This context-free grammar defines the language of words \(a^nb^n\) for \(n\geqslant 1\). To obtain, for example, word aabb one can apply following derivations:

$$ S\mathop {\Longrightarrow }\limits ^{{s_0(S)}}A\mathop {\Longrightarrow }\limits ^{{s_1(A)}}aAb\mathop {\Longrightarrow }\limits ^{{s_2(A)}}aabb. $$
(4)

Let us now represent the word aabb in a different way: let us index the occurrences of the same symbol by superscripts and let us consider the property of being adjacent in the word as a binary relation which we will call\({\rm next}\)”. Then, the word aabb can be written as a pair of setsFootnote 1:

$$ <\{a^1,a^2,b^2,b^1\},\{{\rm next}(a^1,a^2),{\rm next}(a^2,b^2),{\rm next}(b^2,b^1)\}>. $$
(5)

In the remainder of this paper we will use the following notation: in derivations, nonterminals will be denoted by letters with superscripts (whenever new symbols are written, superscripts will be incremented); in rewrite rules, nonterminals (except for the start symbol S) will be denoted by symbols \(\bigcirc \), \(\square\), \(\bigtriangleup \), \(\bigtriangledown \), etc., where \(\bigcirc \) will be systematically placed in the left part of the rule. This notation (which deviates from the original Ferrucci notation, Ferrucci et al. 1996) will make it easier to follow the use of rewrite rules in derivations.

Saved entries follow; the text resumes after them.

-- ===== src/Transfer/Deadline/Tests.antt =====
-- Runs of internal/transfer/deadline.go.
use sfync.Base.{refl, nat_eq}
use sfync.Base.Dict.{lookup}
use sfync.Transfer.Deadline.{
  DeadlineTracker, new_deadline_tracker, begin, finish_id, Reach, start, next, begins, ends,
}
use sfync.Transfer.Deadline.Cover.{Covers, Reach-Covers}

-- Two operations begin, and the one with the later deadline ends.
abbrev one_left : DeadlineTracker
one_left = finish_id 0 (begin 10 5 (begin 10 60 new_deadline_tracker).1).1

one_left-Reach : Reach one_left
unfolding new_deadline_tracker begin finish_id lookup nat_eq
one_left-Reach = next (next (next start (begins 10 60)) (begins 10 5)) (ends 0 70 refl)

Reach-Covers_example : Covers one_left
Reach-Covers_example = Reach-Covers one_left-Reach
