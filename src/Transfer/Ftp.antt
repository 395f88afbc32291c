-- ===== src/Transfer/Ftp.antt =====
-- internal/transfer/ftp.go: uploads over one FTP connection, and the connections they lease. A
-- connection of package ftp, and the pool of connections, are parameters.
pub mod Upload
pub mod Delivery
pub mod Clock
pub mod Dirs
pub mod Fetch
pub mod Tests
use sfync.Base.{ℕ, Text, codes, Option, none, some, List, [], ◌∷◌, ◌++◌, Bool, true, false}
use sfync.Base.{◌||◌, not, ltb, if◌then◌else◌, ◌==◌, nat_eq, drop}
use sfync.Transfer.Client.{LibraryError, Error, cause, clean_message, wrap_new, transfer_timeout}
use sfync.Transfer.Remote.{Answer, ok, err}
use sfync.Transfer.Atomic.{LocalFile, Source, remote_partial_path, can_resume_partial}

-- `ftp.EntryType` and `ftp.Entry`.
pub data EntryType : Type 0 where
  entry_file entry_folder entry_link : EntryType

pub record FtpEntry : Type 0 where
  pub name : Text
  pub entry_type : EntryType
  pub size : ℕ
  pub time : ℕ

-- `*ftpSession`. `seek_local` is a Seek in the local file; `stor_from` writes bytes behind an
-- offset; `finish_retr` is Close of a response. `path_error` says that an error is a *fs.PathError.
pub record Connection (W : Type 0) : Type 0 where
  pub path_error : LibraryError → Bool
  pub time_precise_in_list : Bool
  pub get_time_supported : Bool
  pub set_time_supported : Bool
  pub get_entry : Text → W → Answer FtpEntry × W
  pub list : Text → W → Answer (List FtpEntry) × W
  pub file_size : Text → W → Answer ℕ × W
  pub get_time : Text → W → Answer ℕ × W
  pub set_time : Text → ℕ → W → Option Error × W
  pub seek_local : ℕ → W → Option Error × W
  pub stor : Text → List ℕ → W → Option Error × W
  pub stor_from : Text → ℕ → List ℕ → W → Option Error × W
  pub retr : Text → W → Answer Source × W
  pub finish_retr : W → Option Error × W
  pub rename : Text → Text → W → Option Error × W
  pub delete : Text → W → Option Error × W
  pub make_dir : Text → W → Option Error × W
  pub remove_dir : Text → W → Option Error × W
  pub current_dir : W → Answer Text × W
  pub change_dir : Text → W → Option Error × W

-- An error; `lost` is one that has errBrokenSession in its chain.
pub data SessionError : Type 0 where
  reported lost : Error → SessionError

-- What the caller of an operation gets.
unfoldable pub error_of : SessionError → Error
error_of (reported e) = e
error_of (lost e) = e

abbrev pub by_reply : Bool → Option ℕ → Bool
by_reply path_error none = not path_error
by_reply path_error (some code) = code == 421

-- `sessionBroken`
unfoldable pub session_broken : (LibraryError → Bool) → Option SessionError → Bool
unfolding cause nat_eq
session_broken path_error none = false
session_broken path_error (some (lost e)) = true
session_broken path_error (some (reported e)) = by_reply (path_error (cause e)) (cause e).reply

-- `wrapError` of an error that is not nil.
abbrev pub wrap : Text → Error → Error
wrap op e = wrap_new op e (clean_message e)

-- `connPool.acquire`, `begin`, `end` and `connPool.release`, which are steps of other goroutines too.
pub record Leases (C W : Type 0) : Type 0 where
  pub closed : W → Bool
  pub acquire : W → Answer C × W
  pub begin : C → ℕ → W → W
  pub finish : C → W → W
  pub release : C → Bool → W → W

module _ {C W : Type 0} (l : Leases C W) (path_error : LibraryError → Bool)
    (pool_closed : Error) where
  abbrev pub after_acquire :
      Text → ℕ → (C → W → Option SessionError × W) → Answer C × W → Option SessionError × W
  after_acquire op timeout fn (err e, w) = (some (reported (wrap op e)), w)
  after_acquire op timeout fn (ok conn, w) =
      let (e, w') = fn conn (l.begin conn timeout w) in
      (e, l.release conn (session_broken path_error e) (l.finish conn w'))

  -- `withConn`
  unfoldable pub with_conn :
      Text → ℕ → (C → W → Option SessionError × W) → W → Option SessionError × W
  unfolding session_broken clean_message
  with_conn op timeout fn w =
      if l.closed w
      then (some (reported (wrap op pool_closed)), w)
      else after_acquire op timeout fn (l.acquire w)

module _ {W : Type 0} (c : Connection W) where
  abbrev pub broken : Error → Bool
  broken e = session_broken c.path_error (some (reported e))

  abbrev pub after_rename : Text → Text → Option Error × W → Option Error × W
  after_rename src dst (none, w) = (none, w)
  after_rename src dst (some e, w) =
      if broken e then (some e, w) else c.rename src dst (c.delete dst w).1

  -- `ftpReplace`
  unfoldable pub ftp_replace : Text → Text → W → Option Error × W
  unfolding session_broken
  ftp_replace src dst w = after_rename src dst (c.rename src dst w)

  -- The offset from which `upload` continues a partial file.
  abbrev pub with_time : LocalFile → ℕ → Answer ℕ → ℕ
  with_time local size (ok mtime) = if can_resume_partial size mtime local then size else 0
  with_time local size (err e) = 0

  abbrev pub with_size : Text → LocalFile → Answer ℕ × W → ℕ × W
  with_size partial local (ok size, w) =
      let (answer, w') = c.get_time partial w in (with_time local size answer, w')
  with_size partial local (err e, w) = (0, w)

  unfoldable pub resume_offset : Bool → Text → LocalFile → W → ℕ × W
  unfolding can_resume_partial
  resume_offset false partial local w = (0, w)
  resume_offset true partial local w = with_size partial local (c.file_size partial w)

  module _ (op : Text) (resume : Bool) (local : LocalFile) (partial remote_path : Text) where
    abbrev pub after_swap : Option Error × W → Option Error × W
    after_swap (none, w) = (none, w)
    after_swap (some e, w) = (some (wrap op e), if broken e then w else (c.delete partial w).1)

    -- The time of the partial file; that it cannot be set is only a warning.
    abbrev pub timed : W → W
    timed w = if c.set_time_supported then (c.set_time partial local.mod_time w).1 else w

    abbrev pub after_stor : Option Error × W → Option Error × W
    after_stor (none, w) = after_swap (ftp_replace partial remote_path (timed w))
    after_stor (some e, w) =
        (some (wrap op e), if resume || broken e then w else (c.delete partial w).1)

    abbrev pub after_seek : Option Error × W → Option Error × W
    after_seek (none, w) = after_stor (c.stor partial local.content w)
    after_seek (some e, w) = after_stor (some e, w)

    abbrev pub send_all : W → Option Error × W
    send_all w = after_seek (c.seek_local 0 w)

    -- A partial file that cannot be continued is sent anew.
    abbrev pub after_rest : Option Error × W → Option Error × W
    after_rest (none, w) = after_stor (none, w)
    after_rest (some e, w) = if broken e then (some (wrap op e), w) else send_all w

    abbrev pub send_rest : ℕ → Option Error × W → Option Error × W
    send_rest offset (none, w) =
        after_rest (c.stor_from partial offset (drop offset local.content) w)
    send_rest offset (some e, w) = after_rest (some e, w)

    abbrev pub upload_from : ℕ × W → Option Error × W
    upload_from (offset, w) =
        if ltb 0 offset then send_rest offset (c.seek_local offset w) else send_all w

  -- What `upload` does on its connection, with the local file open.
  unfoldable pub upload_on : Text → LocalFile → Text → Bool → W → Option Error × W
  unfolding ftp_replace resume_offset remote_partial_path clean_message
  upload_on op local remote_path resume w =
      let partial = remote_partial_path remote_path in
      upload_from op resume local partial remote_path (resume_offset resume partial local w)

abbrev pub report : {W : Type 0} → Option Error × W → Option SessionError × W
report (none, w) = (none, w)
report (some e, w) = (some (reported e), w)

module _ {C W : Type 0} (l : Leases C W) (path_error : LibraryError → Bool) (pool_closed : Error)
    (connection : C → Connection W) where
  abbrev pub opened : Text → Text → Bool → Answer LocalFile → W → Option SessionError × W
  opened op remote_path resume (err e) w = (some (reported (wrap op e)), w)
  opened op remote_path resume (ok local) w =
      with_conn l path_error pool_closed op (transfer_timeout local.size)
        (λ conn w'. report (upload_on (connection conn) op local remote_path resume w')) w

  -- `upload`, with the local file or the error of opening it.
  unfoldable pub upload : Text → Bool → Answer LocalFile → W → Option SessionError × W
  unfolding with_conn upload_on transfer_timeout clean_message
  upload remote_path resume local w =
      opened (if resume then codes "resume" else codes "upload") remote_path resume local w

Using this convention and the notation of (5), the three rewrite rules become:

$$ s_0{:}\,S \rightarrow <\{\square\},\varnothing > $$
(6)
$$ s_1{:}\,\bigcirc \rightarrow <\{a^1,\square,b^1\},\{{\rm next}(a^1,\square),{\rm next}(\square,b^1)\}> $$
(7)
$$ s_2{:}\,\bigcirc \rightarrow <\{a^1,b^1\},\{{\rm next}(a^1,b^1)\}>. $$
(8)

Let us now write the first two derivations:

$$ S\mathop {\Longrightarrow }\limits ^{{s_0(S)}}\;<\{A^1\},\varnothing > $$
(9)
$$ \mathop {\Longrightarrow }\limits ^{{s_1(A^1)}} \;<\{a^1,A^2,b^1\},\{{\rm next}(a^1,A^1),{\rm next}(A^1,b^1)\}>. $$
(10)

In (9), \(\square\) has been written \(A^1\), and in (10), \(A^1\) is rewritten by a new symbol, we have called this symbol \(A^2\). But there is a problem in (10): in the “\({\rm next}\)” relations we still find symbol \(A^1\), despite the fact that it has been rewritten by rule \(s_1\) in the set of symbols. To correct this inconsistency we introduce a new kind of rules \(r_*\), which are applied to relations immediately after \(s_*\) rules:

$$ r_{\{1\},1}{:}\,{\rm next}(*,\bigcirc ) \rightarrow \{{\rm next}(*,\square)\} $$
(11)
$$ r_{\{1\},2}{:}\,{\rm next}(\bigcirc ,*) \rightarrow \{{\rm next}(\square,*)\}, $$
(12)

where \(*\) is any terminal or nonterminal, and \(\bigcirc \), \(\square\) represent the same symbols as in \(s_1\). In the notation \(r_{\{1\},1}\), the first index is the set of \(s_*\) rules after which we are allowed to use this rule, and the second index identifies this rule among those having the same set of compatible \(s_*\) rules. Let us continue our derivations from (10) using \(r_*\) rules:

$$ (10) \mathop {\Longrightarrow}\limits ^ {{r_{\{1\},1}} ({\rm next}(a^1,A^1))}\;<\{a^1,A^2,b^1\},\{{\rm next}(a^1,A^2),{\rm next}(A^1,b^1)\}> $$
(13)
$$ \mathop {\Longrightarrow}\limits ^ {{r_{\{1\},2}} ({\rm next}(A^1,b^1))}\;<\{a^1,A^2,b^1\},\{{\rm next}(a^1,A^2),{\rm next}(A^2,b^1)\}>, $$
(14)

where in both (13) and (14), \(\bigcirc \) becomes \(A^1\) and \(\square\) becomes \(A^2\).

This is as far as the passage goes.